Malignant sternal primitive tumours are rare and most constitute sarcomas. The incidence of radioinduced sarcomas of the chest wall is 0.2% at 10 years of treatment.1 Sternal resections are complex surgical procedures with potentially severe complications. The primary goal is radical oncological excision with adequate margins. Individualized assessment of the potential risks and benefits of these procedures is important, as well as multidisciplinary follow-up, with involvement of plastic surgeons. The available literature in terms of sternal resections is limited, heterogeneous and there is no consensus on optimal treatment.2 After chest wall disruption, the major challenge is to preserve respiratory function, with large defects requiring reconstruction to protect intrathoracic organs and restore physiological chest wall movements.3 A wide variety of reconstruction techniques using different materials have been described. Titanium has high corrosion resistance, low specific gravity and high tensile strength. It is biologically inert and has high biocompatibility.4 The literature describes various approaches for sternoclavicular joint ligaments restoration. It can be used autografts, allografts or synthetic. Given its fundamental stabilizing function and the lack of inherent osseous stability at this joint, surgical intervention with a focus on ligament reconstruction may be advised.5
A 61-year-old male patient with a history of salivary gland adenocarcinoma (right radical parotidectomy) was treated with adjuvant chemoradiotherapy. Subsequent radiological controls revealed a lesion in the sternal manubrium with bone destruction suggestive of malignancy, with a diagnosis of high-grade fusocellular sarcoma (Fig. 1A). A radical surgery with curative intent was perfomed. For this purpose, 3D computed tomography reconstruction was planned. Along with biomedical engineers, a new type of personalized titanium implant was designed. Total sternectomy was performed, including the internal clavicular third with en bloc resection of soft tissue, paying attention to securing a 3-cm macroscopic margin of the bone. The customized titanium implant was fitted with metal suture cerclage on the costal edges. After a multidisciplinary committee evaluation, a mesh was not interposed between the implant and the underlying structures. The mesh infection could be a devastating complication due to devascularization and fibrosis after the previous radiotherapy received in the area for his previous neoplasia. The clavicular bone fixation was performed with screws. Subsequently, in order to create a sternoclavicular joint, it was assembled with perforated polyetheretherketone (PEEK) joint heads and cadaveric extensor tendons (Fig. 1B). Finally, with the collaboration of the plastic surgeons, the defect was covered with an anterolateral fasciocutaneous left thigh flap. There were no perioperative complications. He was discharged on the ninth postoperative day, with full joint mobility. Final pathology of the tumour was consistent with FNCLCC grade 3 radioinduced sarcoma, with free margins (Fig. 1C). Three months later, a body CT showed no evidence of recurrence and the integrated implant (Fig. 1D).

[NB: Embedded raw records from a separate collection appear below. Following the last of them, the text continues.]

module _ (f : HeadFacts) (r : TransitionRequest) {i : Issue} where
  kind-KindRefuses :
      (k : TransitionKind) → kind_facts f r k ≡ refused i → KindRefuses f r.transition_at i k
  unfolding kind_facts cancel_facts
  kind-KindRefuses (claim token worker expires) e =
      claim-KindRefuses f r.transition_at token worker expires e
  kind-KindRefuses request_cancellation e = cancelled_before (ground arith) (ground arith)
  kind-KindRefuses enforce_deadline e = early (ground arith) (ground arith)
  kind-KindRefuses force_shutdown e = cc e
  kind-KindRefuses (pass_checkpoint token following) e =
      status-KindRefuses f r.transition_at f.status _ token refl refl e
  kind-KindRefuses (release_claim token retry) e =
      status-KindRefuses f r.transition_at f.status _ token refl refl e
  kind-KindRefuses (check_checkpoint token) e =
      status-KindRefuses f r.transition_at f.status _ token refl refl e

  -- The code refuses for one of these reasons,
  pub transition-Refuses : transition_facts f r ≡ refused i → Refuses f r i
  unfolding transition_facts
  transition-Refuses e = elim (Bool-cases (r.operation_id == f.operation_id)) [
    | inr other ↦
        other_operation (ground (arith, eq_iff r.operation_id f.operation_id)) (ground arith)
    | inl same ↦
        let op : r.operation_id ≡ f.operation_id = (eq_iff r.operation_id f.operation_id).0 same in
        elim (Bool-cases (r.expected_head_revision == f.head_revision)) [
          | inr stale ↦ other_revision op (ground arith) (ground arith)
          | inl current ↦ elim (Bool-cases (ltb r.transition_at f.updated_at)) [
            | inl back ↦ back_in_time op (ground arith) (ground arith) (ground arith)
            | inr on ↦ elim (Bool-cases (is_stopped f.status)) [
              | inl over ↦ at_end op (ground arith) (ground arith) (ground arith) (ground arith)
              | inr live ↦
                  guarded
                    (record {
                      operation = op;
                      revision = ground arith;
                      time = ground arith;
                      live = ground arith;
                    })
                    (kind-KindRefuses r.kind (ground arith))
            ]
          ]
        ]
  ]

  stale_owner :
      (s : Status) (o : Option Claim) (token : String) (k : TransitionKind)
      → ((c : Claim) → f.status ≡ claimed → f.claim ≡ some c → c.claim_token ≢ token)
      → i ≡ issue "pdf-export-lifecycle-claim-stale" "claimToken"
      → f.status ≡ s
      → f.claim ≡ o
      → with_claim f r.transition_at token k ≡ refused i
  unfolding with_claim owned_by
  stale_owner pending o token k other e live held = ground arith
  stale_owner stopped o token k other e live held = ground arith
  stale_owner claimed none token k other e live held = ground arith
  stale_owner claimed (some c) token k other e live held =
      ground (arith, other c live held, eq_iff c.claim_token token)

  KindRefuses-owned :
      (k : TransitionKind) (token : String)
      → token_of k ≡ some token
      → KindRefuses f r.transition_at i k
      → with_claim f r.transition_at token k ≡ refused i
  unfolding with_claim owned_by owner_facts pass_facts release_facts
  KindRefuses-owned k token h (cancelled_before a e) = cc h
  KindRefuses-owned k token h (early a e) = cc h
  KindRefuses-owned k token h (busy _ _ _ c a b d g e) = cc h
  KindRefuses-owned k token h (deferred _ _ _ t a b d g e) = cc h
  KindRefuses-owned k token h (bad_window _ _ _ a b d e) = cc h
  KindRefuses-owned k token h (not_owner _ t shown other e) =
      stale_owner f.status f.claim token k
        (λ c live held. subst (λ z. c.claim_token ≢ z) (cc (shown, h)) (other c live held)) e refl
        refl
  KindRefuses-owned k token h (run_out _ t c shown live held same over e) =
      ground (arith, eq_iff c.claim_token token)
  KindRefuses-owned k token h (out_of_order t following c own open_ bad e) =
      ground (arith, eq_iff c.claim_token token, Follows-valid_next f.checkpoint following bad)
  KindRefuses-owned k token h (bad_retry t retry c own open_ bad e) =
      ground (arith, eq_iff c.claim_token token)

  KindRefuses-kind :
      (k : TransitionKind) → KindRefuses f r.transition_at i k → kind_facts f r k ≡ refused i
  unfolding kind_facts cancel_facts claim_facts
  KindRefuses-kind _ (cancelled_before a e) = ground arith
  KindRefuses-kind _ (early a e) = ground arith
  KindRefuses-kind _ (busy token worker expires c open_ live held unexpired e) =
      ground (arith, claim-busy f.status f.claim r.transition_at c live held unexpired)
  KindRefuses-kind _ (deferred token worker expires t open_ idle held sooner e) = ground (
    arith,
    retry-deferred f.status f.retry_after r.transition_at t idle held sooner,
    not_claimed-not_busy f.status f.claim r.transition_at idle,
  )
  KindRefuses-kind _ (bad_window token worker expires may left bad e) = ground (
    arith,
    IsFree-not_busy f r.transition_at may.free,
    IsFree-not_deferred f r.transition_at may.free,
  )
  KindRefuses-kind (pass_checkpoint t following) (not_owner _ token h other e) =
      KindRefuses-owned _ t refl (not_owner (pass_checkpoint t following) token h other e)
  KindRefuses-kind (release_claim t retry) (not_owner _ token h other e) =
      KindRefuses-owned _ t refl (not_owner (release_claim t retry) token h other e)
  KindRefuses-kind (check_checkpoint t) (not_owner _ token h other e) =
      KindRefuses-owned _ t refl (not_owner (check_checkpoint t) token h other e)
  KindRefuses-kind _ (not_owner _ token h other e) = cc h
  KindRefuses-kind (pass_checkpoint t following) (run_out _ token c h live held same over e) =
      KindRefuses-owned _ t refl
        (run_out (pass_checkpoint t following) token c h live held same over e)
  KindRefuses-kind (release_claim t retry) (run_out _ token c h live held same over e) =
      KindRefuses-owned _ t refl (run_out (release_claim t retry) token c h live held same over e)
  KindRefuses-kind (check_checkpoint t) (run_out _ token c h live held same over e) =
      KindRefuses-owned _ t refl (run_out (check_checkpoint t) token c h live held same over e)
  KindRefuses-kind _ (run_out _ token c h live held same over e) = cc h
  KindRefuses-kind _ (out_of_order token following c own open_ bad e) =
      KindRefuses-owned _ token refl (out_of_order token following c own open_ bad e)
  KindRefuses-kind _ (bad_retry token t c own open_ bad e) =
      KindRefuses-owned _ token refl (bad_retry token t c own open_ bad e)

  -- and wherever one of them holds.
  pub Refuses-transition : Refuses f r i → transition_facts f r ≡ refused i
  unfolding transition_facts
  Refuses-transition (other_operation other e) =
      ground (arith, eq_iff r.operation_id f.operation_id)
  Refuses-transition (other_revision op other e) =
      ground (arith, eq_iff r.operation_id f.operation_id)
  Refuses-transition (back_in_time op current back e) =
      ground (arith, eq_iff r.operation_id f.operation_id)
  Refuses-transition (at_end op current on over e) =
      ground (arith, eq_iff r.operation_id f.operation_id)
  Refuses-transition (guarded reads kind) = ground (
    arith,
    eq_iff r.operation_id f.operation_id,
    KindRefuses-kind r.kind kind,
    reads.live,
    reads.operation,
    reads.revision,
    reads.time,
  )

(A) 3D computed tomography reconstruction showing the radioinduced sternal sarcoma. (B) Customized dynamic titanium implant with sternoclavicular joint reconstruction. (C) Surgical resection specimen. (D) 3D computed tomography reconstruction showing correct positioning of the implant after surgery.
Radioinduced sarcomas are usually diagnosed in advanced stages. The majority of them are high-grade tumours. Therefore, early diagnosis is essential. Physiological reconstruction of the chest wall with custom-made titanium prosthetic material offers promising short-term results, emphasizing the functional thoracic reconstruction with biomechanically designed implants.
Conflict of interestsThe authors state that they have no conflict of interests.